The next issue of importance relates to Ch. 69-1327. The title of the act announced, in part, that it provided, "[F]or taxation of the improved properties benefited in accordance with the benefits received; ..." (Emphasis supplied.) In the body of the act, section 1 contained a number of amendments to Ch. 68-94, including the following:

"Section 21. For the purpose of paying the costs of acquisition, construction, maintenance, improvement and operation of parking facilities within the Fifth Avenue parking tax district, and such other costs as the commissioners deem necessary on account of said district, all real estate in the district benfited [sic] or to be benefited by parking facilities owned or maintained by the district shall be subject to the taxes provided for in this act, and the governing board is hereby authorized to impose annual taxes against the real property in the district benefited by the parking facilities. (Emphasis supplied.)

Note the difference between the wording emphasized in the title and the body of the act. Appellee contends that this difference constitutes a violation of Article III, § 6, Florida Constitution, which states in part: "Every law shall embrace but one subject and matter properly connected therewith, and the subject shall be briefly expressed in the title."

Appellants argue that this language difference is not sufficiently significant to nullify the act. They refer us to King Kole, Inc. v. Bryant, 178 So. 2d 2 at 3, 4 (Fla. 1965), wherein we said:

"Over the years certain guidelines have evolved for testing the sufficiency of titles against the standard prescribed [in the constitution]... . The primary purpose of the requirements is to prevent `hodge-poge or log-rolling' legislation.

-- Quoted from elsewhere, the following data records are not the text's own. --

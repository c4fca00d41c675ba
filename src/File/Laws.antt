-- ===== src/File/Laws.antt =====
-- src/file.rs: what reading a file gives and what it leaves behind.
use mathlib.Core.Path.{ap₂}
use towboot_rust.Prelude.{
  expect, Outcome, ℕ, ◌*◌, ◌≡◌, sym, ◌∙◌, true, false, List, [], ◌∷◌, length, ◌==◌, String,
  if◌then◌else◌, ok, err, done, failed, map_err, narrow, Target, wrap, arith, ◌⊎◌,
}
use towboot_rust.Firmware.{
  Status, end_of_file, protocol_error, World, PageServices, not_found, unsupported,
}
use towboot_rust.Firmware.Exec.{Exec, lift, call, >>=-eq-ok, continue-eq-ok, memory-eq, outcome-eq}
use towboot_rust.Firmware.Laws.{Ledger, IsLawful}
use towboot_rust.Config.{Quirk}
use towboot_rust.Mem.Map.{page_size}
use towboot_rust.Mem.Bytes.{write}
use towboot_rust.Mem.Allocation.{Allocation, new_under_4gb, dropping}
use towboot_rust.Mem.Allocation.Memory.{dropping-eq-ok, new_under_4gb-Keeps}
use towboot_rust.Mem.Allocation.Ledger.{
  block, owned, nothing, both, Balanced, Balanced-pure, Balanced-lift, Balanced-bind, Balanced-conv,
  Balanced-look, Balanced-call,
}
use towboot_rust.Mem.Allocation.Balance.{Balanced-new_under_4gb, Balanced-dropping}
use towboot_rust.File.{
  FileServices, File, FileType, try_into_vec, directory, as_regular, needed, size_of, open_file,
  into_memory, read_into, try_into_allocation,
}

-- Reading a file does not touch the firmware's pages.
pub record LeavesPages {S H : Type 0} (v : FileServices S H) (held : S → Ledger) : Type 0 where
  pub open_path : (name : String) (s : S) (p n : ℕ) → held (v.open_path name s).1 p n ≡ held s p n
  pub read : (h : H) (room : ℕ) (s : S) (p n : ℕ) → held (v.read h room s).1 p n ≡ held s p n

module _ {S H : Type 0} (v : FileServices S H) (f : PageServices S) (held : S → Ledger)
    (law : IsLawful f held) (leaves : LeavesPages v held) where
  Balanced-into_memory :
      (ptr : ℕ) (bytes : List ℕ) → Balanced held nothing (λ _. nothing) (into_memory v ptr bytes)
  Balanced-into_memory ptr bytes = record { at = λ base w h. h }

  Balanced-read_into :
      (t : Target) (self : File H) (a : Allocation)
      → Balanced held nothing (λ _. nothing) (read_into v t self a)
  Balanced-read_into t self a =
      Balanced-bind held (λ _. nothing) (lift (wrap t t.usize_bits (a.pages * page_size))) _
        (Balanced-lift held (wrap t t.usize_bits (a.pages * page_size)))
        (λ room.
          Balanced-bind held (λ _. nothing) (call (v.read self.file room)) _
            (Balanced-call held (v.read self.file room) (leaves.read self.file room))
            (λ r.
              Balanced-bind held (λ _. nothing) (lift (map_err r (λ (e : Status). e))) _
                (Balanced-lift held (map_err r (λ e. e)))
                (λ bytes.
                  Balanced-bind held (λ _. nothing) (into_memory v a.ptr bytes) _
                    (Balanced-into_memory a.ptr bytes)
                    (λ _.
                      Balanced-lift held
                        (if length bytes == self.size then ok tt else err end_of_file)))))

  -- With lawful memory services that the file protocol leaves alone, `try_into_allocation` adds
  -- exactly the block of its result to what is allocated; if the firmware has no pages, cannot
  -- read or reads too little, it adds none. A panic is excepted.
  pub Balanced-try_into_allocation :
      (t : Target) (self : File H) (quirks : List Quirk)
      → Balanced held nothing block (try_into_allocation v f t self quirks)
  unfolding try_into_allocation
  Balanced-try_into_allocation t self quirks =
      Balanced-bind held block (new_under_4gb f self.size quirks) _
        (Balanced-new_under_4gb f held law self.size quirks)
        (λ a.
          Balanced-bind held (λ _. block a) (dropping f (a ∷ []) (read_into v t self a)) _
            (Balanced-conv held (both nothing (owned (a ∷ []))) (block a)
              (λ _. both nothing (owned (a ∷ []))) (λ _. block a)
              (dropping f (a ∷ []) (read_into v t self a)) (λ p n. omega arith)
              (λ _ p n. omega arith)
              (Balanced-dropping f held law (a ∷ []) (λ _. nothing) (read_into v t self a)
                (Balanced-read_into t self a)))
            (λ _. Balanced-pure held a block))

module _ {S H : Type 0} (v : FileServices S H) (held : S → Ledger)
    (leaves : LeavesPages v held) where
  pub Balanced-open_file :
      (t : Target) (name : String) → Balanced held nothing (λ _. nothing) (open_file v t name)
  unfolding open_file
  Balanced-open_file t name =
      let valid = if v.is_valid_name name then ok tt else err protocol_error in
      Balanced-bind held (λ _. nothing) (lift valid) _ (Balanced-lift held valid)
        (λ _.
          Balanced-bind held (λ _. nothing) (call (v.open_path name)) _
            (Balanced-call held (v.open_path name) (leaves.open_path name))
            (λ opened.
              Balanced-bind held (λ _. nothing) (lift (map_err opened (λ _. not_found))) _
                (Balanced-lift held (map_err opened (λ _. not_found)))
                (λ handle.
                  Balanced-bind held (λ _. nothing) (look (kind_of handle)) _
                    (Balanced-look held (kind_of handle))
                    (λ kind.
                      Balanced-bind held (λ _. nothing) (lift (as_regular v kind)) _
                        (Balanced-lift held (as_regular v kind))
                        (λ file.
                          Balanced-bind held (λ _. nothing) (look (info_size_of file)) _
                            (Balanced-look held (info_size_of file))
                            (λ info_size.
                              Balanced-bind held (λ _. nothing) (look (bytes_of file info_size)) _
                                (Balanced-look held (bytes_of file info_size))
                                (λ bytes.
                                  Balanced-bind held (λ _. nothing)
                                    (lift (narrow t.usize_bits bytes)) _
                                    (Balanced-lift held (narrow t.usize_bits bytes))
                                    (λ size.
                                      Balanced-pure held
                                        (record { name = name; file = file; size = size })
                                        (λ _. nothing)))))))))
    where
      look : {A : Type 0} → (World S → Outcome Status A) → Exec S Status A
      look g w = (g w, w)

      kind_of : H → World S → Outcome Status (FileType H)
      kind_of handle w = expect (v.into_type handle w.firmware) "Failed to open file"

      info_size_of : H → World S → Outcome Status ℕ
      info_size_of file w = needed v (v.get_info file 0 w.firmware)

      bytes_of : H → ℕ → World S → Outcome Status ℕ
      bytes_of file info_size w = size_of v (v.get_info file info_size w.firmware)

  pub Balanced-try_into_vec :
      (self : File H) → Balanced held nothing (λ _. nothing) (try_into_vec v self)
  unfolding try_into_vec
  Balanced-try_into_vec self =
      Balanced-bind held (λ _. nothing) (call (v.read self.file self.size)) _
        (Balanced-call held (v.read self.file self.size) (leaves.read self.file self.size))
        (λ r.
          Balanced-bind held (λ _. nothing) (lift (map_err r (λ (e : Status). e))) _
            (Balanced-lift held (map_err r (λ e. e)))
            (λ bytes.
              Balanced-lift held (if length bytes == self.size then ok bytes else err end_of_file)))

module _ {S H : Type 0} (v : FileServices S H) where
  -- An error of `open_file` is PROTOCOL_ERROR for a name that is not valid, NOT_FOUND for one
  -- that the volume does not open, or UNSUPPORTED for a directory.
  pub open_file-errors :
      (t : Target) (name : String) (w : World S) (e : Status)
      → (open_file v t name w).0 ≡ err e
      → ((e ≡ protocol_error) × (v.is_valid_name name ≡ false))
        ⊎ ((e ≡ not_found)
            × (v.is_valid_name name ≡ true)
            × ((x : Status) × ((v.open_path name w.firmware).0 ≡ failed x)))
        ⊎ ((e ≡ unsupported)
            × (v.is_valid_name name ≡ true)
            × ((h : H) × ((v.open_path name w.firmware).0 ≡ done h)
                × (v.into_type h (v.open_path name w.firmware).1 ≡ done directory)))
  unfolding open_file narrow
  open_file-errors t name w e h = ground arith

  read_into-ok :
      (t : Target) (self : File H) (a : Allocation) (w w' : World S)
      → read_into v t self a w ≡ (ok tt, w')
      → (room : ℕ) × (bytes : List ℕ) × ((v.read self.file room w.firmware).0 ≡ done bytes)
        × (length bytes ≡ self.size)
        × (w'.memory ≡ write a.ptr bytes w.memory)
  read_into-ok t self a w w' h =
      let (room, e1, h1) = continue-eq-ok (wrap t t.usize_bits (a.pages * page_size)) _ w h in
      let r = (v.read self.file room w.firmware).0 in
      let (bytes, e2, h2) =
        continue-eq-ok (map_err r (λ (e : Status). e)) _
          (record w { firmware = (v.read self.file room w.firmware).1 }) h1 in
      let o = outcome-eq h2 in
      (room, bytes, ground (arith, e2), ground (arith, o), sym (memory-eq h2))

  -- When `try_into_allocation` succeeds, a read of the file gave as many bytes as the file has,
  -- they are in memory from the allocation's address on, and nothing else is written.
  pub try_into_allocation-ok :
      (f : PageServices S) (t : Target) (self : File H) (quirks : List Quirk) (a : Allocation)
      (w w' : World S)
      → try_into_allocation v f t self quirks w ≡ (ok a, w')
      → (room : ℕ) × (s : S) × (bytes : List ℕ) × ((v.read self.file room s).0 ≡ done bytes)
        × (length bytes ≡ self.size)
        × (w'.memory ≡ write a.ptr bytes w.memory)
  unfolding try_into_allocation
  try_into_allocation-ok f t self quirks a w w' h =
      let (b, w1, e1, h1) = >>=-eq-ok (new_under_4gb f self.size quirks) _ w h in
      let (_, w2, e2, h2) = >>=-eq-ok (dropping f (b ∷ []) (read_into v t self b)) _ w1 h1 in
      let (room, bytes, read, size, written) =
        read_into-ok t self b w1 w2 (dropping-eq-ok f (b ∷ []) (read_into v t self b) w1 e2) in
      let same : b ≡ a = let o = outcome-eq h2 in ground (arith, o) in
      (
        room,
        w1.firmware,
        bytes,
        read,
        size,
        sym (memory-eq h2)
            ∙ written
            ∙ ap₂ (λ (c : Allocation) m. write c.ptr bytes m) same
                (sym (memory-eq e1) ∙ new_under_4gb-Keeps f self.size quirks w),
      )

Its object is to avoid surprise or fraud by fairly apprising the Legislature and the public of the subject of the legislation being enacted. [Citations omitted.] The Legislature is allowed a wide latitude in the enactment of laws, and the courts will strike down a title only when there is a plain case of *358 violating or ignoring the constitutional requirement. [Citations omitted.] The title is sufficient if it fairly gives such notice as will reasonably lead to inquiry into the body thereof."

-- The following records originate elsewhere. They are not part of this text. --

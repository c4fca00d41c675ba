-- ===== src/Config/Get/Ownership.antt =====
-- src/config.rs: getting the configuration takes no pages.
use towboot_rust.Prelude.{Option, none, some, List, String, Result, Target, expect}
use towboot_rust.Firmware.Laws.{Ledger}
use towboot_rust.Config.Options.{LoadOptionKey, ConfigSource, file, given}
use towboot_rust.Config.Options.Ownership.{Quiet-parse_load_options}
use towboot_rust.Config.Get.{ConfigServices, read_file, from_source, source_for, get}
use towboot_rust.File.{open_file, try_into_vec}
use towboot_rust.File.Laws.{LeavesPages, Balanced-open_file, Balanced-try_into_vec}
use towboot_rust.Mem.Allocation.Ledger.{Balanced-lift}
use towboot_rust.Mem.Allocation.Quiet.{Quiet, Leaves, Quiet-pure, Quiet-bind}

module _ {S H : Type 0} (v : ConfigServices S H) (t : Target) (held : S → Ledger)
    (leaves : LeavesPages v.files held)
    (prints : (s : String) → Leaves held (v.console.print s)) where
  Quiet-source_for :
      {E : Type 0} (options : Option (List (Result E (LoadOptionKey × String))))
      → Quiet held (source_for v t options)
  Quiet-source_for none = Quiet-pure held _
  Quiet-source_for (some items) =
      Quiet-parse_load_options v.console v.help_text v.built held prints items

  Quiet-read_file : (name : String) → Quiet held (read_file v t name)
  unfolding read_file
  Quiet-read_file name =
      Quiet-bind held (open_file v.files t name) _ (Balanced-open_file v.files held leaves t name)
        (λ f.
          Quiet-bind held (try_into_vec v.files f) _ (Balanced-try_into_vec v.files held leaves f)
            (λ text. Balanced-lift held (expect (v.from_slice text) "failed to parse config file")))

  Quiet-from_source : (o : Option ConfigSource) → Quiet held (from_source v t o)
  Quiet-from_source none = Quiet-pure held none
  Quiet-from_source (some (file name)) =
      Quiet-bind held (read_file v t name) _ (Quiet-read_file name) (λ c. Quiet-pure held (some c))
  Quiet-from_source (some (given c)) = Quiet-pure held (some c)

  pub Quiet-get :
      {E : Type 0} (options : Option (List (Result E (LoadOptionKey × String))))
      → Quiet held (get v t options)
  unfolding get
  Quiet-get options =
      Quiet-bind held (source_for v t options) _ (Quiet-source_for options) Quiet-from_source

We agree that the language difference is not fatal, but our holding is reached primarily on the narrow theory that all property in the Fifth Avenue parking district would be likely to be improved property. This being so, the title "fairly gives such notice as will reasonably lead to inquiry" into the body of the Act. Ordinarily, however, the distinction between "improved property" and "all real estate" or "real property" would be too significant to pass over.

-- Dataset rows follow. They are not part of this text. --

-- ===== src/Config/Options/Laws.antt =====
-- src/config.rs: what `parse_load_options` makes of the whole command line.

use towboot_rust.Prelude.{
  ◌≡◌, refl, sym, ap, ◌∙◌, Option, none, some, List, [], ◌∷◌, ◌++◌, map, String, ok, err, Result,
  done, failed, Outcome,
}
use towboot_rust.Firmware.{Status, invalid_parameter, World}
use towboot_rust.Firmware.Exec.{Exec, pure, lift, ◌>>=◌}
use towboot_rust.Firmware.Console.{Console}
use towboot_rust.Config.{Quirk}
use towboot_rust.Config.Options.{
  LoadOptionKey, config, kernel, log_level, module_option, quirk, help, version, BuiltInfo, Options,
  no_options, parse_quirk, insert_quirk, with_quirk, go_on, apply_option, scan_options,
  parse_load_options, source_of,
}

abbrev pub Item : Type 0
Item = LoadOptionKey × String

-- The values of one key, in the order of the command line.
abbrev pub kernels : List Item → List String
kernels [] = []
kernels ((kernel, v) ∷ r) = v ∷ kernels r
kernels (_ ∷ r) = kernels r

abbrev pub configs : List Item → List String
configs [] = []
configs ((config, v) ∷ r) = v ∷ configs r
configs (_ ∷ r) = configs r

abbrev pub log_levels : List Item → List String
log_levels [] = []
log_levels ((log_level, v) ∷ r) = v ∷ log_levels r
log_levels (_ ∷ r) = log_levels r

abbrev pub module_values : List Item → List String
module_values [] = []
module_values ((module_option, v) ∷ r) = v ∷ module_values r
module_values (_ ∷ r) = module_values r

abbrev pub quirk_values : List Item → List String
quirk_values [] = []
quirk_values ((quirk, v) ∷ r) = v ∷ quirk_values r
quirk_values (_ ∷ r) = quirk_values r

-- The last of some values, or what there was before.
abbrev pub last_or : Option String → List String → Option String
last_or o [] = o
last_or o (v ∷ r) = last_or (some v) r

abbrev pub insert_named : Option Quirk → List Quirk → List Quirk
insert_named none qs = qs
insert_named (some q) qs = insert_quirk q qs

abbrev pub insert_all : List String → List Quirk → List Quirk
insert_all [] qs = qs
insert_all (v ∷ r) qs = insert_all r (insert_named (parse_quirk v) qs)

-- What options that only set something add up to.
abbrev pub collected : Options → List Item → Options
collected o items = record {
  config_file = last_or o.config_file (configs items);
  kernel = last_or o.kernel (kernels items);
  log_level = last_or o.log_level (log_levels items);
  modules = o.modules ++ module_values items;
  quirks = insert_all (quirk_values items) o.quirks;
}

abbrev IsSome {ℓ} : {A : Type ℓ} → Option A → Type 0
IsSome none = ⊥
IsSome (some a) = Unit

-- An option that only sets something.
abbrev pub IsPlain : List Item → Type 0
IsPlain [] = Unit
IsPlain ((help, v) ∷ r) = ⊥
IsPlain ((version, v) ∷ r) = ⊥
IsPlain ((quirk, v) ∷ r) = IsSome (parse_quirk v) × IsPlain r
IsPlain ((config, v) ∷ r) = IsPlain r
IsPlain ((kernel, v) ∷ r) = IsPlain r
IsPlain ((log_level, v) ∷ r) = IsPlain r
IsPlain ((module_option, v) ∷ r) = IsPlain r

-- An item that ends the scan with an error: one that `miniarg` refuses, or an unknown quirk.
abbrev pub IsBad : {E : Type 0} → Result E Item → Type 0
IsBad (failed e) = Unit
IsBad (done (quirk, v)) = parse_quirk v ≡ none
IsBad (done _) = ⊥

append_none : {A : Type 0} (xs : List A) → xs ++ [] ≡ xs
append_none [] = refl
append_none (x ∷ xs) = ap (λ r. x ∷ r) (append_none xs)

append_one : {A : Type 0} (xs : List A) (x : A) (ys : List A) → (xs ++ x ∷ []) ++ ys ≡ xs ++ x ∷ ys
append_one [] x ys = refl
append_one (z ∷ xs) x ys = ap (λ r. z ∷ r) (append_one xs x ys)

module _ {S : Type 0} (c : Console S) (help_text : String) (built : BuiltInfo) where
  scan : {E : Type 0} → List (Result E Item) → Options → Exec S Status (Option Options)
  scan = scan_options c help_text built

  quirk_step :
      (m : Option Quirk) (o : Options) (w : World S)
      (rest : Options → Exec S Status (Option Options))
      (target : List Quirk → Outcome Status (Option Options) × World S)
      → IsSome m
      → ((qs : List Quirk) → rest (record o { quirks = qs }) w ≡ target qs)
      → (lift (with_quirk m o) >>= (λ o'. pure (some o')) >>= go_on c help_text built rest) w
        ≡ target (insert_named m o.quirks)
  quirk_step none o w rest target p h = absurd p
  quirk_step (some q) o w rest target p h = h (insert_quirk q o.quirks)

  -- Options that only set something are passed over, and leave what they add up to.
  scan_options-plain :
      {E : Type 0} (items : List Item) (rest : List (Result E Item)) (o : Options) (w : World S)
      → IsPlain items
      → scan (map done items ++ rest) o w ≡ scan rest (collected o items) w
  unfolding scan scan_options apply_option
  scan_options-plain [] rest o w p = rw (append_none o.modules) refl
  scan_options-plain ((config, v) ∷ r) rest o w p =
      scan_options-plain r rest (record o { config_file = some v }) w p
  scan_options-plain ((kernel, v) ∷ r) rest o w p =
      scan_options-plain r rest (record o { kernel = some v }) w p
  scan_options-plain ((log_level, v) ∷ r) rest o w p =
      scan_options-plain r rest (record o { log_level = some v }) w p
  scan_options-plain ((module_option, v) ∷ r) rest o w p =
      scan_options-plain r rest (record o { modules = o.modules ++ v ∷ [] }) w p
      ∙ ap (λ ms. scan rest (record (collected o r) { modules = ms }) w)
          (append_one o.modules v (module_values r))
  scan_options-plain ((quirk, v) ∷ r) rest o w p =
      quirk_step (parse_quirk v) o w (scan (map done r ++ rest))
        (λ qs. scan rest (collected (record o { quirks = qs }) r) w) p.0
        (λ qs. scan_options-plain r rest (record o { quirks = qs }) w p.1)
  scan_options-plain ((help, v) ∷ r) rest o w p = absurd p
  scan_options-plain ((version, v) ∷ r) rest o w p = absurd p

  scan_whole :
      (E : Type 0) (items : List Item) (o : Options) (w : World S)
      → IsPlain items
      → scan_options c help_text built {E = E} (map done items) o w
        ≡ (ok (some (collected o items)), w)
  unfolding scan scan_options
  scan_whole E items o w p =
      ap (λ (xs : List (Result E Item)). scan xs o w) (sym (append_none (map done items)))
      ∙ scan_options-plain items [] o w p

  scan_bad :
      {E : Type 0} (bad : Result E Item) (rest : List (Result E Item)) (o : Options) (w : World S)
      → IsBad bad
      → scan_options c help_text built (bad ∷ rest) o w ≡ (err invalid_parameter, w)
  unfolding scan_options apply_option
  scan_bad (failed e) rest o w b = refl
  scan_bad (done (quirk, v)) rest o w b = rw b refl
  scan_bad (done (config, v)) rest o w b = absurd b
  scan_bad (done (kernel, v)) rest o w b = absurd b
  scan_bad (done (log_level, v)) rest o w b = absurd b
  scan_bad (done (module_option, v)) rest o w b = absurd b
  scan_bad (done (help, v)) rest o w b = absurd b
  scan_bad (done (version, v)) rest o w b = absurd b

  -- On options that only set something, with known quirks, `parse_load_options` returns and
  -- touches nothing. With a kernel among them, it gives the configuration of the last one, with
  -- every module in order and the quirks of all; with none, the last configuration file, or the
  -- default one.
  pub parse_load_options-plain :
      (E : Type 0) (items : List Item) (w : World S)
      → IsPlain items
      → parse_load_options c help_text built {E = E} (map done items) w
        ≡ (ok (some (source_of (collected no_options items))), w)
  unfolding parse_load_options
  parse_load_options-plain E items w p = rw (scan_whole E items no_options w p) refl

  -- If behind options that only set something comes one that the parser of the command line
  -- refuses, or an unknown quirk, `parse_load_options` returns INVALID_PARAMETER and touches
  -- nothing, whatever comes after.
  pub parse_load_options-bad :
      {E : Type 0} (items : List Item) (bad : Result E Item) (rest : List (Result E Item))
      (w : World S)
      → IsPlain items
      → IsBad bad
      → parse_load_options c help_text built (map done items ++ bad ∷ rest) w
        ≡ (err invalid_parameter, w)
  unfolding parse_load_options scan scan_options
  parse_load_options-bad items bad rest w p b =
      rw
        (scan_options-plain items (bad ∷ rest) no_options w p
          ∙ scan_bad bad rest (collected no_options items) w b)
        refl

The third issue for consideration is whether the tax scheme generally should be classified as ad valorem, or as a special assessment. The appellee presents a strong case in arguing that it is an ad valorem tax. He notes that: (1) the Notice of Legislation published relating to Ch. 69-1327 stated in part: "The purpose of this Legislation is to grant necessary powers to the City of Naples Parking Authority to levy an ad valorem tax on the above properties ... ."; (2) Section 21 of Ch. 69-1327 itself provides that, "[T]he governing board [of the tax district] is hereby authorized to impose annual taxes against the real property in the district benefited ... ."; (3) Section 24(1) of Ch. 69-1327 provides that the county assessor is to report assessed valuation of improved real property in the district, and the total sum of all assessments so reported is to be the assessed value of taxable property for the district; finally, (4) Section 24(2) of Ch. 69-1327 provides that on receipt of assessments the district shall determine the total amount of money to be raised by taxation, and shall determine the rate of taxation necessary when applied to the total assessed value of property in the district.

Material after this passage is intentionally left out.